The DiGa experience is representative of many digital therapeutics and remote patient monitoring (RPM) programmes across the continent. For many countries, including Germany, making the step from small, regional trials tied to specific pilot programmes to scaled solutions addressing large sections of the population managing chronic conditions and mental illness remains an unmet challenge. Patients managing chronic conditions and mental illnesses are some of the most expensive cohorts in terms of healthcare provision. Grasping the opportunity that digital health offers to limit these costs must be prioritised.   

Europe has, largely, still not passed the latency inflection point in the product life cycle for both digital therapeutics and RPM, unlike the US which is now clearly growing owing to clearer funding mechanisms and a more holistic spending viewpoint via VBC. Much discussion at DMEA will relate to what is needed to move the dial on this topic across Europe.   

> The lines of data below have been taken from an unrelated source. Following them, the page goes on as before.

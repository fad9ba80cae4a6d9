-- ===== src/Nodes/Registry/Removal.antt =====
-- What is gone with a node that is removed, and what stays.
use cloudbase.Prelude.{
  ℕ, String, ◌≡◌, refl, ap, ◌≢◌, inl, inr, Bool, false, not, ◌||◌, some, List, [], ◌∷◌, arith, ltb,
  ◌==◌, Bool-cases, Option-cases, select, count_where,
}
use cloudbase.Prelude.Result.{ok, raise_if, bind-ok, raise_if-ok}
use cloudbase.Nodes.{Node, Store, Effect, node_with_id, get_node_or_404}
use cloudbase.Nodes.Registry.{stands_on, app_count, replica_count, without_node, delete_node}

count_after_remove :
    {A : Type 0} (p : A → Bool) (xs : List A) → count_where p (select (λ x. not (p x)) xs) ≡ 0
count_after_remove p [] = refl
count_after_remove p (x ∷ xs) = elim (Bool-cases (p x)) [
  | inl e ↦ rw e (count_after_remove p xs)
  | inr e ↦ rw (e, e) (count_after_remove p xs)
]

select_after_remove :
    {A : Type 0} (key : A → ℕ) (j k : ℕ) (xs : List A)
    → j ≢ k
    → select (λ x. key x == k) (select (λ x. not (key x == j)) xs) ≡ select (λ x. key x == k) xs
select_after_remove key j k [] ne = refl
select_after_remove key j k (x ∷ xs) ne = elim (Bool-cases (key x == j)) [
  | inl e ↦
      let other : (key x == k) ≡ false = ground arith in
      rw (e, other) (select_after_remove key j k xs ne)
  | inr e ↦ rw e (ground (arith, select_after_remove key j k xs ne))
]

pub get_node-ok :
    (id : ℕ) (s : Store) (n : Node) → get_node_or_404 id s ≡ ok n → node_with_id id s ≡ some n
get_node-ok id s n e = elim (Option-cases (node_with_id id s)) [
  | inl none_yet ↦ cc (rw (none_yet, get_node_or_404) at e)
  | inr (m, found) ↦ let same : m ≡ n = ground arith in rw found (ap some same)
]

abbrev pub NoneLeft : ℕ → Store → Type 0
NoneLeft node_id s =
    (count_where (λ n. n.id == node_id) s.nodes ≡ 0)
    × (count_where (λ i. stands_on node_id i.node_id) s.invites ≡ 0)
    × (count_where (λ c. c.node_id == node_id) s.commands ≡ 0)
    × (app_count node_id s ≡ 0)
    × (replica_count node_id s ≡ 0)

-- A node that is removed was there and is not the server's own host. Afterwards no row of
-- nodes, invites, commands, applications or replicas names it. The rows and the commands of other nodes are as they were, and so are all applications
-- and replicas.
pub removed_clean :
    (node_id : ℕ) (actor : String) (s s' : Store) (effects : List Effect)
    → delete_node node_id actor s ≡ ok (s', effects)
    → ((n : Node) × (node_with_id node_id s ≡ some n) × (n.is_local ≡ false))
      × NoneLeft node_id s'
      × ((k : ℕ)
          → node_id ≢ k
          → (select (λ n. n.id == k) s'.nodes ≡ select (λ n. n.id == k) s.nodes)
            × (select (λ c. c.node_id == k) s'.commands ≡ select (λ c. c.node_id == k) s.commands))
      × (s'.apps ≡ s.apps)
      × (s'.replicas ≡ s.replicas)
unfolding delete_node
removed_clean node_id actor s s' effects e =
    let (n, shown, e₁) = bind-ok (get_node_or_404 node_id s) _ e in
    let (u₁, remote, e₂) = bind-ok (raise_if n.is_local 400) _ e₁ in
    let (u₂, unused, e₃) =
      bind-ok (raise_if (ltb 0 (app_count node_id s) || ltb 0 (replica_count node_id s)) 400) _
        e₂ in
    let same : without_node node_id s ≡ s' = ground arith in
    let empty = raise_if-ok _ 400 unused in
    let no_apps : app_count node_id s ≡ 0 = ground (arith, empty) in
    let no_replicas : replica_count node_id s ≡ 0 = ground (arith, empty) in
    rw (← same) (
      (n, get_node-ok node_id s n shown, raise_if-ok n.is_local 400 remote),
      (
        count_after_remove (λ n. n.id == node_id) s.nodes,
        count_after_remove (λ i. stands_on node_id i.node_id) s.invites,
        count_after_remove (λ c. c.node_id == node_id) s.commands,
        no_apps,
        no_replicas,
      ),
      λ k ne. (
        select_after_remove (λ n. n.id) node_id k s.nodes ne,
        select_after_remove (λ c. c.node_id) node_id k s.commands ne,
      ),
      refl,
      refl,
    )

DMEA’s coverage will be broad, and these themes represent what we believe will the leading topics. A range of other issues will be addressed, from cloud migration, virtual care post-COVID, to the increasing influence of big tech in Europe’s health IT markets. In general Europe has lagged the US in healthcare digitisation. DMEA will be a bellwether as to whether the post-COVID influx of IT funding is narrowing this gap.